The SEC has appealed Judge Rakoff’s decision in the Citigroup case to the Second Circuit Court of Appeals.
Khuzami announced a new policy that will no longer allow “No Admit, No Deny” language in settlement agreements where the defendants: (a) have been subject to parallel criminal proceedings and have pled guilty, (b) have been convicted in a parallel criminal proceeding, or (c) have entered into an NPA or a DPA which contains admissions or acknowledgments of criminal conduct. Instead, the SEC will now include the “fact and nature” of the criminal conviction, NPA, or DPA in the SEC settlement, and the defendant will be prohibited from denying that fact.
However, this new policy is unlikely to have a substantial effect on SEC enforcement actions.
- First, the policy applies only to the minority of SEC enforcement actions that are brought as parallel proceedings. Khuzami acknowledged this fact, stating the “revision applies in the minority of our cases.” The SEC will continue to use “No Admit, No Deny” language in settling cases that do not involve criminal convictions or admissions of criminal law violations, which constitute the substantial majority of SEC enforcement actions.
- Second, the new policy will not require the SEC to include any additional admissions that were not made in the criminal proceeding.
- Finally, the SEC is not required to include facts admitted in the criminal proceeding; rather, the settlement must merely note that the defendant has admitted the parallel criminal action.
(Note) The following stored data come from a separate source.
-- ===== src/Components/ChatMessages.antt =====
-- src/frontend/src/components/inputs/chat-messages.tsx: how the list of messages follows the last one, and
-- what a message shows. Positions are whole pixels.
pub mod Follow
use Prim.Native.Nat.{zero, suc, ◌<◌, ◌≤◌, max, min}
use swarm_engine.Prelude.{
  ℕ, ◌+◌, ◌-◌, ◌*◌, ◌/◌, ◌%◌, String, ◌≡◌, refl, sym, ap, ap₂, subst, ◌∙◌, fun_ext, ◌≢◌, ◌↔◌, ◌⊎◌,
  inl, inr, Bool, true, false, not, ◌&&◌, ◌||◌, Option, none, some, List, [], ◌∷◌, ◌++◌, map,
  append-nil, append_assoc, arith, ltb, leb, ◌==◌, if◌then◌else◌, ==_iff, ==_refl, Bool-cases,
  Option-cases, some_inj, lt→ltb, ge→ltb, ltb→lt, ltb→ge, length, get_elem?, take, drop,
  length-append, take-append-drop, length-drop, take-length-append, drop-append_add, last?, init,
  last?-append, init-append, init-append-last, any, all, filter, find, find_index, length-map,
}
use swarm_engine.Text.{Str, codes, str_eq, truthy}
use swarm_engine.Chat.{user, assistant, ChatMessage, ChatMessageStatus, ChatStatus, opened}

-- The state and the three references of `ChatMessages`. `scrolls` counts the calls of `scrollToBottom`.
pub record ScrollState : Type 0 where
  pub is_bottom : Bool
  pub user_scrolled_up : Bool
  pub auto_scrolling : Bool
  pub prev_scroll_top : ℕ
  pub scrolls : ℕ

abbrev pub new_scroll : ScrollState
new_scroll = record {
  is_bottom = true;
  user_scrolled_up = false;
  auto_scrolling = false;
  prev_scroll_top = 0;
  scrolls = 0;
}

-- The measures of the container at a scroll event.
pub record Container : Type 0 where
  pub scroll_top : ℕ
  pub scroll_height : ℕ
  pub client_height : ℕ

-- `scrollToBottom`, of a container that is there
unfoldable scroll_to_bottom : ScrollState → ScrollState
scroll_to_bottom s = record s {
  user_scrolled_up = false;
  auto_scrolling = true;
  scrolls = s.scrolls + 1;
}

-- The effect of a change of the messages
unfoldable on_messages_change : ScrollState → ScrollState
unfolding scroll_to_bottom
on_messages_change s =
    if s.user_scrolled_up then s else scroll_to_bottom (record s { auto_scrolling = true })

-- `bottomGap < 10`, where the gap may be negative
abbrev near_bottom : Container → Bool
near_bottom c = ltb c.scroll_height (c.scroll_top + c.client_height + 10)

-- `onScroll`
unfoldable on_scroll : Container → ScrollState → ScrollState
on_scroll c s = record s {
  is_bottom = near_bottom c;
  user_scrolled_up =
      not (near_bottom c)
      && (s.user_scrolled_up || not s.auto_scrolling && ltb (c.scroll_top + 2) s.prev_scroll_top);
  prev_scroll_top = c.scroll_top;
}

-- `onWheel`, upwards or not, and `onTouchMove`
unfoldable on_wheel : Bool → ScrollState → ScrollState
on_wheel up s = if up then record s { user_scrolled_up = true } else s

unfoldable on_touch_move : ScrollState → ScrollState
on_touch_move s = record s { user_scrolled_up = true }

-- New messages, a scroll event, the wheel, a touch, the button, and one of the timers.
pub data ScrollEvent : Type 0 where
  messages_change : ScrollEvent
  scroll : Container → ScrollEvent
  wheel : Bool → ScrollEvent
  touch_move : ScrollEvent
  click_bottom : ScrollEvent
  timer : ScrollEvent

unfoldable scroll_step : ScrollState → ScrollEvent → ScrollState
unfolding on_messages_change on_scroll on_wheel on_touch_move scroll_to_bottom
scroll_step s messages_change = on_messages_change s
scroll_step s (scroll c) = on_scroll c s
scroll_step s (wheel up) = on_wheel up s
scroll_step s touch_move = on_touch_move s
scroll_step s click_bottom = scroll_to_bottom s
scroll_step s timer = record s { auto_scrolling = false }

unfoldable pub scroll_run : ScrollState → List ScrollEvent → ScrollState
unfolding scroll_step
scroll_run s [] = s
scroll_run s (e ∷ es) = scroll_run (scroll_step s e) es

-- The parts of the content of a message.
pub data ContentPart : Type 0 where
  user_text thinking_part markdown : Str → ContentPart

-- What a message shows: on which side it stands, its parts, and its buttons.
pub record MessageView : Type 0 where
  pub at_end : Bool
  pub parts : List ContentPart
  pub show_copy : Bool
  pub show_regenerate : Bool

abbrev is_done : ChatMessageStatus → Bool
is_done ChatMessageStatus.done = true
is_done _ = false

abbrev part_if : (Str → ContentPart) → Option Str → List ContentPart
part_if k none = []
part_if k (some t) = if truthy t then k t ∷ [] else []

-- `ChatMessage`
unfoldable message_view : ChatMessage → MessageView
unfolding str_eq
message_view m = record {
  at_end = str_eq m.role user;
  parts =
      if str_eq m.role user
      then user_text m.content ∷ []
      else part_if thinking_part m.thinking ++ part_if markdown (some m.content);
  show_copy = str_eq m.role user || str_eq m.role assistant && is_done m.status;
  show_regenerate = str_eq m.role assistant && is_done m.status;
}

-- What `ChatMessages` shows: the messages, the pulse of a chat that waits for its answer, and the button
-- to the bottom, which is hidden at the bottom.
pub record MessagesView : Type 0 where
  pub items : List MessageView
  pub dot_pulse : Bool
  pub button_hidden : Bool

abbrev waits_for_answer : ChatStatus → Bool
waits_for_answer opened = true
waits_for_answer _ = false

unfoldable messages_view : ScrollState → ChatStatus → List ChatMessage → MessagesView
unfolding message_view
messages_view s c ms = record {
  items = map message_view ms;
  dot_pulse = waits_for_answer c;
  button_hidden = s.is_bottom;
}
Therefore, the decision to include findings of fact from the criminal proceeding is within the SEC’s discretion.
As a practical matter, this new policy appears likely to have two significant implications on companies that are subject to parallel criminal and SEC investigations. First, companies will likely attempt to settle actions with the SEC before settling criminal proceedings, in an effort to avoid the incorporation of admissions or acknowledgment of guilt in the SEC settlement. Second, where a company has settled a parallel criminal proceeding before entering into a settlement with the SEC, the company will have to consider the collateral effects such action may have on the SEC settlement, and on related derivative, class action, and other private litigation.
Companies don’t have to admit but they are prohibited form denying. In our case we can’t deny. There is no lack of public accountability. The SEC is not afraid to take cases to trial. “We are prepared to litigate. That’s why corporations are willing to settle.”
Another question asked about new financial instruments that fail… How do you address what’s coming? Having industry experts on board, communicating more, outreach. The SEC don’t pass on the safety of products, only on disclosure. There is an initiative in CorpFin to simplify disclosure to make it more intelligible.
He also discussed how lessons learned is fed back into new rules and disclosure requirements. Specialized units bring experts…. makes it more of a one stop shop to find the experts and get answers. One of the great virtues is process. Cases get circulated to other divisions. Others scrutinize the action memo. They also go up to the Commission and their counsel. Enforcement calls in other division experts. Enforcement also reviews new rules for enforcement friendliness. Trends meetings are now held that get divisions together to learn about what’s going on and to determine meaning.